Saved data entries:
________________________________________

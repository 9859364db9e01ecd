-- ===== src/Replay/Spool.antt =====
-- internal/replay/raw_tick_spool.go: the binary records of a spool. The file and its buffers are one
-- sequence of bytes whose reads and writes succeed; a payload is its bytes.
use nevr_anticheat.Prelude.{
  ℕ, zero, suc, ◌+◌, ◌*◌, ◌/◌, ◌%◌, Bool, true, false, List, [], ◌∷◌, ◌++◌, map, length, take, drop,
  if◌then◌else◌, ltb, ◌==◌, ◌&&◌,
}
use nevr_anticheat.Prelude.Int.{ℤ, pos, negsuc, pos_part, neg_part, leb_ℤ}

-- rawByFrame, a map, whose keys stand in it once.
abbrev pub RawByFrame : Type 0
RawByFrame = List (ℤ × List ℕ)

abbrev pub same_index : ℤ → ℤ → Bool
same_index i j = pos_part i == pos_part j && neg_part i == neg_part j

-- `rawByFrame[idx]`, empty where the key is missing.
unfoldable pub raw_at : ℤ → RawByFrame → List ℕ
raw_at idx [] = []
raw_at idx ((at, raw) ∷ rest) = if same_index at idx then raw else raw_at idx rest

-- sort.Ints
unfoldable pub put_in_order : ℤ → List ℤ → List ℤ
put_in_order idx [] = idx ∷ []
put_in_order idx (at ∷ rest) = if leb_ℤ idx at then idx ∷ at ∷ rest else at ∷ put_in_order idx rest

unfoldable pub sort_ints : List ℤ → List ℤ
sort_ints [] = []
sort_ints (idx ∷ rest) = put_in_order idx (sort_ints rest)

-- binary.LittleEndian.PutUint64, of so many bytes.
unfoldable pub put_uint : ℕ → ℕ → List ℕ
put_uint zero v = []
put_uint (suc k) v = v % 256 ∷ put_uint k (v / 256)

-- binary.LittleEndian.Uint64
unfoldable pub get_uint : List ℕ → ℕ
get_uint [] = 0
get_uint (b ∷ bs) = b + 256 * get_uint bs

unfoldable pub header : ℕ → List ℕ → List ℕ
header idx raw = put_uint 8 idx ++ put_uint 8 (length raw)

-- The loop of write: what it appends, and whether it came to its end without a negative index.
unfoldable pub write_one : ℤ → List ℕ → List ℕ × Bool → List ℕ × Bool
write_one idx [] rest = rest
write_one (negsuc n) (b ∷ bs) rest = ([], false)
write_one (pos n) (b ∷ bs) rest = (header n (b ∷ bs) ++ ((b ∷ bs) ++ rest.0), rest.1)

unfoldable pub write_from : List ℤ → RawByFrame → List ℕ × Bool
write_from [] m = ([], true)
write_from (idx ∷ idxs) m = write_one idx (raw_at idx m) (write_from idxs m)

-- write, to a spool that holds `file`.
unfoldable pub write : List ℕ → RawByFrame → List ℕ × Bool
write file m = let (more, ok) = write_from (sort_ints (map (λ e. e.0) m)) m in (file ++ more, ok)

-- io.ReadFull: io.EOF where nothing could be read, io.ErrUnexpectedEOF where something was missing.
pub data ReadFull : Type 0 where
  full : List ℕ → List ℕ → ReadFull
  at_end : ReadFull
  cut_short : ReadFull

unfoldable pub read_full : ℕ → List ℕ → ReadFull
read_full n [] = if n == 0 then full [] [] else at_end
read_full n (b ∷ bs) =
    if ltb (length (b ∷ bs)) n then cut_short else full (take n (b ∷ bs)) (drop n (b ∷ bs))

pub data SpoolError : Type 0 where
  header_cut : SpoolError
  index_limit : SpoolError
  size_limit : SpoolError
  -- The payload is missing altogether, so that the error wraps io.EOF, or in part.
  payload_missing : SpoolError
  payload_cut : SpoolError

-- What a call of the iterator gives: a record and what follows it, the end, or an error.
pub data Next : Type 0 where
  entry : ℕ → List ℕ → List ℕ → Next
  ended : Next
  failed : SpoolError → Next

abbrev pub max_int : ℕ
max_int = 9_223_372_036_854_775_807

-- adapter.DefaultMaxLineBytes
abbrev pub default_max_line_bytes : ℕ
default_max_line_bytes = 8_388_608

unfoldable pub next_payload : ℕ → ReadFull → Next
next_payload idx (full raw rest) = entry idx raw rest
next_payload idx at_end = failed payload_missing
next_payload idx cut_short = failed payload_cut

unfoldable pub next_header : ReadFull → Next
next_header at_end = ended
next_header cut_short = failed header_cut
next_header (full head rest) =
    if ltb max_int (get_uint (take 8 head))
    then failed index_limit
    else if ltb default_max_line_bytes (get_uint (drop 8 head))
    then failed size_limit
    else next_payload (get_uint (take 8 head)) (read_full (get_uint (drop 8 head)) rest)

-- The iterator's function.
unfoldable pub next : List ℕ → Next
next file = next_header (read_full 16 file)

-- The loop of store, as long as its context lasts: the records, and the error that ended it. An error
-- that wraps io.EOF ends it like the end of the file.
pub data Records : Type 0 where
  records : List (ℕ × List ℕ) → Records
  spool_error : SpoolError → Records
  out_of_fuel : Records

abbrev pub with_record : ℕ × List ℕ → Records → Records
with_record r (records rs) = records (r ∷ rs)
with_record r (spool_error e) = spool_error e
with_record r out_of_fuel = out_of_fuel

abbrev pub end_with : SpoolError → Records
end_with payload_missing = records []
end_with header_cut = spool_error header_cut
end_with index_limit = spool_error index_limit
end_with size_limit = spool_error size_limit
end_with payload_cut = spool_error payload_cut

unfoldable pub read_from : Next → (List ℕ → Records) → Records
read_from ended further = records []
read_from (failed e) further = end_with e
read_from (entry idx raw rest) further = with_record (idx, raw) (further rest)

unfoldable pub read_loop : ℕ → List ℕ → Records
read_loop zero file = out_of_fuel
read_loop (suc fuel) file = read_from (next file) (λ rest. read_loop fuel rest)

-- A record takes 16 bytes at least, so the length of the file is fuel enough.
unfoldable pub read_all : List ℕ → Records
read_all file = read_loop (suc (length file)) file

________________________________________

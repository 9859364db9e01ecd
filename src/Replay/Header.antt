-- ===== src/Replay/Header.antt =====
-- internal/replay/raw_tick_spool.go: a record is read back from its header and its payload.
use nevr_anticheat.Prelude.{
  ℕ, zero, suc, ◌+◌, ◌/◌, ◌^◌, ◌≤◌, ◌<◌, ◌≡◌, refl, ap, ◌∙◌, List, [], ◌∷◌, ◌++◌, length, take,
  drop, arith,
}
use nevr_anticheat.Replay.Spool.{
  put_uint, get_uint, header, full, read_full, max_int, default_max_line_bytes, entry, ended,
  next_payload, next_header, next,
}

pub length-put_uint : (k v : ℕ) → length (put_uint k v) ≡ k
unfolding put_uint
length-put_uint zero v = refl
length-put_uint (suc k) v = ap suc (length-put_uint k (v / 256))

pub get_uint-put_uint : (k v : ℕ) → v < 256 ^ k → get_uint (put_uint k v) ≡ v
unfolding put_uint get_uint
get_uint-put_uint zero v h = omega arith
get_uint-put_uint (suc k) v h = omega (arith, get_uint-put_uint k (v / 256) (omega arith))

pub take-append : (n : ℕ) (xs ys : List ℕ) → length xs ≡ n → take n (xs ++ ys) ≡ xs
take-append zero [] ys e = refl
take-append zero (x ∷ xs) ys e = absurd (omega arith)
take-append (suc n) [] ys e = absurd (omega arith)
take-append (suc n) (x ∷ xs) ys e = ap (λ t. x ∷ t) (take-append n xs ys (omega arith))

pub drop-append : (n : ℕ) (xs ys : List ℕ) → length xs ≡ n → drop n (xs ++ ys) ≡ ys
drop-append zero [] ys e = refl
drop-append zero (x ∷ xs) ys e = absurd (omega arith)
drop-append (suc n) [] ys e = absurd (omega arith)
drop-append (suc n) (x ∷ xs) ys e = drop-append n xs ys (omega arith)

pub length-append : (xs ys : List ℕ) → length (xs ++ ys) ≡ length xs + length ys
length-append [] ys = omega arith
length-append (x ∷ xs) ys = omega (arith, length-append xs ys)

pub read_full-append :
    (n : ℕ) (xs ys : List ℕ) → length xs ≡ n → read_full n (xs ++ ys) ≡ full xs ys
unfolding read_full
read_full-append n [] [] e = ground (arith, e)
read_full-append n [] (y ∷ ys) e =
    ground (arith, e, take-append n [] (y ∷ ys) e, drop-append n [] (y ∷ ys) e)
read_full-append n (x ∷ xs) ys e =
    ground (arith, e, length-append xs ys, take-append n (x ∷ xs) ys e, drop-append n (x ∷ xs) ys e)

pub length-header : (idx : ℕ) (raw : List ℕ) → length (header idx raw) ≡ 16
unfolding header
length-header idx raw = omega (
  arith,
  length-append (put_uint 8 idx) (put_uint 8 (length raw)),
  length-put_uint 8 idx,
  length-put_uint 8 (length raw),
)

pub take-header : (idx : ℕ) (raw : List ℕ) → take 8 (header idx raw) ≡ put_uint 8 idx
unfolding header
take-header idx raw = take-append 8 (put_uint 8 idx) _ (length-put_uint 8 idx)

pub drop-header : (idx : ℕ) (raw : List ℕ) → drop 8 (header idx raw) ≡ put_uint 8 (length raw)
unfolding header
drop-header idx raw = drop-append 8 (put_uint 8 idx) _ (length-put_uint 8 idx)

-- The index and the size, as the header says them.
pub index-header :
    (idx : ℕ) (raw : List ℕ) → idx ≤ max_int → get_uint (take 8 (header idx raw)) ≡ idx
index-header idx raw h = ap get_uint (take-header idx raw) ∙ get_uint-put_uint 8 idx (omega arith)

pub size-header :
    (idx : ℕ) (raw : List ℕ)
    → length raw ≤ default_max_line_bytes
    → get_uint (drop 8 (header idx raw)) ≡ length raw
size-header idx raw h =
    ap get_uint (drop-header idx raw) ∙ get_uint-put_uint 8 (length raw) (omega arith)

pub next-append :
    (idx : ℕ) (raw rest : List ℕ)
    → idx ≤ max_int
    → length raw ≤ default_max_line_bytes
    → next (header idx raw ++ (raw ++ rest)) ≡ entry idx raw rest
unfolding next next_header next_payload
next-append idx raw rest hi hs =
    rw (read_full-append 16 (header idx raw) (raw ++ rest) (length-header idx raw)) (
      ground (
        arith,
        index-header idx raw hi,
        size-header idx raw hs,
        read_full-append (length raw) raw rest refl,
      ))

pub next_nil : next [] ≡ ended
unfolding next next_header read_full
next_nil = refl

________________________________________

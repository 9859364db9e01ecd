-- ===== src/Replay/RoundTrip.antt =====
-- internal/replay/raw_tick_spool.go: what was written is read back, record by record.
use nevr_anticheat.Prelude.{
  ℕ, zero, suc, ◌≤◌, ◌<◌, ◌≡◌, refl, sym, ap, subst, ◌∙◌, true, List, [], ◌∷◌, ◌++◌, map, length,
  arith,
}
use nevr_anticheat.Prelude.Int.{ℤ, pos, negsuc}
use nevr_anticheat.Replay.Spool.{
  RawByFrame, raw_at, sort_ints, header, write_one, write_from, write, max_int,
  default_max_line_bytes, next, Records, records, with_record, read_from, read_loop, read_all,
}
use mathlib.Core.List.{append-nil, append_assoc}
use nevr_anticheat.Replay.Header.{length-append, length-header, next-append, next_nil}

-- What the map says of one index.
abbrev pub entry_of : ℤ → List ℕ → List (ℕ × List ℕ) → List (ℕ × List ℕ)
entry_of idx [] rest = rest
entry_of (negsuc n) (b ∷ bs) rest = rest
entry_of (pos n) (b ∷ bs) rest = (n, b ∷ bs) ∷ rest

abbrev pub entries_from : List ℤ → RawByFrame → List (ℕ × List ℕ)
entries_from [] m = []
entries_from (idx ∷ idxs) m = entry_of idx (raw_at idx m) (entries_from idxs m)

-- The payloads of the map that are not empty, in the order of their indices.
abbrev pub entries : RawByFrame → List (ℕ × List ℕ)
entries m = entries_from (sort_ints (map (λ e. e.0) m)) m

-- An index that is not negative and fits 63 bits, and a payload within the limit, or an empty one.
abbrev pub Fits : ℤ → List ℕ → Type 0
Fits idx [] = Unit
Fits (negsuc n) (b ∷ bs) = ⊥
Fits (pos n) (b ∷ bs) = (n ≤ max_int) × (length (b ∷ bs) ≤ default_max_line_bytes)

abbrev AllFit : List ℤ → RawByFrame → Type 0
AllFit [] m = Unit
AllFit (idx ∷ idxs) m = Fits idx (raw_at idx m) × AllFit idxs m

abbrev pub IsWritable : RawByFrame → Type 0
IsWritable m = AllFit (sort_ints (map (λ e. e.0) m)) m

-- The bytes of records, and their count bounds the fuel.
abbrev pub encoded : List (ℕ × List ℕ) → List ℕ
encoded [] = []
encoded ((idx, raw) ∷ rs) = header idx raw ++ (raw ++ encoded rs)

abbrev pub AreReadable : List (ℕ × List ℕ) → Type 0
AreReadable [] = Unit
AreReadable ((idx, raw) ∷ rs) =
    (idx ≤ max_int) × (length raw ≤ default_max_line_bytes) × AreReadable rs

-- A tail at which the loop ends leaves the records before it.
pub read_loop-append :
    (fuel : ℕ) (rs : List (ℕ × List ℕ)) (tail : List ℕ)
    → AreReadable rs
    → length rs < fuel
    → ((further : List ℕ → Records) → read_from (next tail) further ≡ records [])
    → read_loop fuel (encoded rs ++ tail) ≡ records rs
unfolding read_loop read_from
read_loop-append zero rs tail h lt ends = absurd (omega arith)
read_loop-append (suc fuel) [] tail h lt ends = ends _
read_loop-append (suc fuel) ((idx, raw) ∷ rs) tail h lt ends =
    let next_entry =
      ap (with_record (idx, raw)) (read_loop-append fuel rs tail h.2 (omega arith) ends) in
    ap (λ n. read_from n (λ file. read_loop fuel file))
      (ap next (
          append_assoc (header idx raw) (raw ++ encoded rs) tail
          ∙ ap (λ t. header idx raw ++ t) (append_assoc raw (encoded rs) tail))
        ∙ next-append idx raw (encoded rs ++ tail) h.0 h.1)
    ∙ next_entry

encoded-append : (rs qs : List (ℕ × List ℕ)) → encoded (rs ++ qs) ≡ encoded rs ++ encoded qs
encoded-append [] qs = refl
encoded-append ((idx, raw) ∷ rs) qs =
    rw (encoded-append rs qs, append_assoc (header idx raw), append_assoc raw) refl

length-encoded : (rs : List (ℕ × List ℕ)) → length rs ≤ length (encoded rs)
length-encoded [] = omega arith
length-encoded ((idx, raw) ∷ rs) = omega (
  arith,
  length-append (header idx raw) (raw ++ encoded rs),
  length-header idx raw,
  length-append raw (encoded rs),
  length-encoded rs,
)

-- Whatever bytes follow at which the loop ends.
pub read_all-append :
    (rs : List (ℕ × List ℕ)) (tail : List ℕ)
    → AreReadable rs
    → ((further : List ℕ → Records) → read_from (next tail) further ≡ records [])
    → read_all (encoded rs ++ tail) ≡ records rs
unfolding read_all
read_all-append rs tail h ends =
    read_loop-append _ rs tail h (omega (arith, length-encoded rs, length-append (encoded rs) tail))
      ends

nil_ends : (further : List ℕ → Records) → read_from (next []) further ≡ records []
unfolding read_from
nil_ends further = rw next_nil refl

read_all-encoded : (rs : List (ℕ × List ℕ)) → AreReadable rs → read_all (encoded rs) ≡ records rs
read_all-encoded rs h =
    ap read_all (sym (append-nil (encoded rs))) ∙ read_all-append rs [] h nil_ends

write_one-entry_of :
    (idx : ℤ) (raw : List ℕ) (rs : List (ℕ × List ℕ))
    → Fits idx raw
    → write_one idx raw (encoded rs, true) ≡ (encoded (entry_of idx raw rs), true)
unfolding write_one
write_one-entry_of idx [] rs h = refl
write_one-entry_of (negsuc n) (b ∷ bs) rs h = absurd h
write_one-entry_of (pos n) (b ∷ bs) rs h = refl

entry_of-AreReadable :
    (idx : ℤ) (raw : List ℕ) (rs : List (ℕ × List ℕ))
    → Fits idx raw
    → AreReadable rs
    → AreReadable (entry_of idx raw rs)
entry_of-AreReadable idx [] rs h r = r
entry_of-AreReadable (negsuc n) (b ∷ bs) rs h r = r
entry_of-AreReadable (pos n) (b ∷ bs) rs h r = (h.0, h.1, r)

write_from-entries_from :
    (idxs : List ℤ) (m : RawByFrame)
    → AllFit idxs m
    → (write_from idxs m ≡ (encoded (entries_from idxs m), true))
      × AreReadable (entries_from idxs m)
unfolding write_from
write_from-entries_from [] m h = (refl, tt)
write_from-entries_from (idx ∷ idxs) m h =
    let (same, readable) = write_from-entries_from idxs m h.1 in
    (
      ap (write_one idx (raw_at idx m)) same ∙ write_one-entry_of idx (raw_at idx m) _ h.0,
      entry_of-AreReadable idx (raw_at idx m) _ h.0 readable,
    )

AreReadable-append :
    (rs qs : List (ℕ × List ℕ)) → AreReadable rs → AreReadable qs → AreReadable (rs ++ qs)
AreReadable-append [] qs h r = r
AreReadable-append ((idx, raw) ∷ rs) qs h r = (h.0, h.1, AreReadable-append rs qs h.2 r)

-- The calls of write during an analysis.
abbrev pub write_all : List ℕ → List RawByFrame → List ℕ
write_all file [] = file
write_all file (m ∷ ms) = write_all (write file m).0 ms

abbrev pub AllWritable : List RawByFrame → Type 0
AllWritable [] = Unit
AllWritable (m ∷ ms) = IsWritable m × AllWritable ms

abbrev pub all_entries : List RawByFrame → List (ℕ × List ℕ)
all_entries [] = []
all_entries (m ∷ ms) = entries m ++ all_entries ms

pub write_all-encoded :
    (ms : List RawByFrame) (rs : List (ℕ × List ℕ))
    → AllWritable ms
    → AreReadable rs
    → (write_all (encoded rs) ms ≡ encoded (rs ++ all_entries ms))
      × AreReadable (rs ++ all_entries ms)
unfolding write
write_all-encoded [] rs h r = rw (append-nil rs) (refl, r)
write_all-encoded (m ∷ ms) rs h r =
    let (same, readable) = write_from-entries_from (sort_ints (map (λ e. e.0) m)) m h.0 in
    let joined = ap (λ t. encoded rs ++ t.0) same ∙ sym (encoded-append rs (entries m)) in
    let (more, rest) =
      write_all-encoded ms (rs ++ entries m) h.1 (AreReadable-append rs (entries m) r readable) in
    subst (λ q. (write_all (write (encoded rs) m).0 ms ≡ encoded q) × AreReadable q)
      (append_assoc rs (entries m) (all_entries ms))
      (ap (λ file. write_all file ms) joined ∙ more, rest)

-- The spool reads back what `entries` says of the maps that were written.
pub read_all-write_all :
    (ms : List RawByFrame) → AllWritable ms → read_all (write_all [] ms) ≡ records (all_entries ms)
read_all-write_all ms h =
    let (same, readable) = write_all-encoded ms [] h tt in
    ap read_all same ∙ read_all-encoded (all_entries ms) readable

________________________________________

BRIEF: Return, with no change at all, every line in the entries above from the line containing "put_uint zero v = []" through the line containing "write_one idx [] rest = rest".

REPLY TO THE TASK:
put_uint zero v = []
put_uint (suc k) v = v % 256 ∷ put_uint k (v / 256)

-- binary.LittleEndian.Uint64
unfoldable pub get_uint : List ℕ → ℕ
get_uint [] = 0
get_uint (b ∷ bs) = b + 256 * get_uint bs

unfoldable pub header : ℕ → List ℕ → List ℕ
header idx raw = put_uint 8 idx ++ put_uint 8 (length raw)

-- The loop of write: what it appends, and whether it came to its end without a negative index.
unfoldable pub write_one : ℤ → List ℕ → List ℕ × Bool → List ℕ × Bool
write_one idx [] rest = rest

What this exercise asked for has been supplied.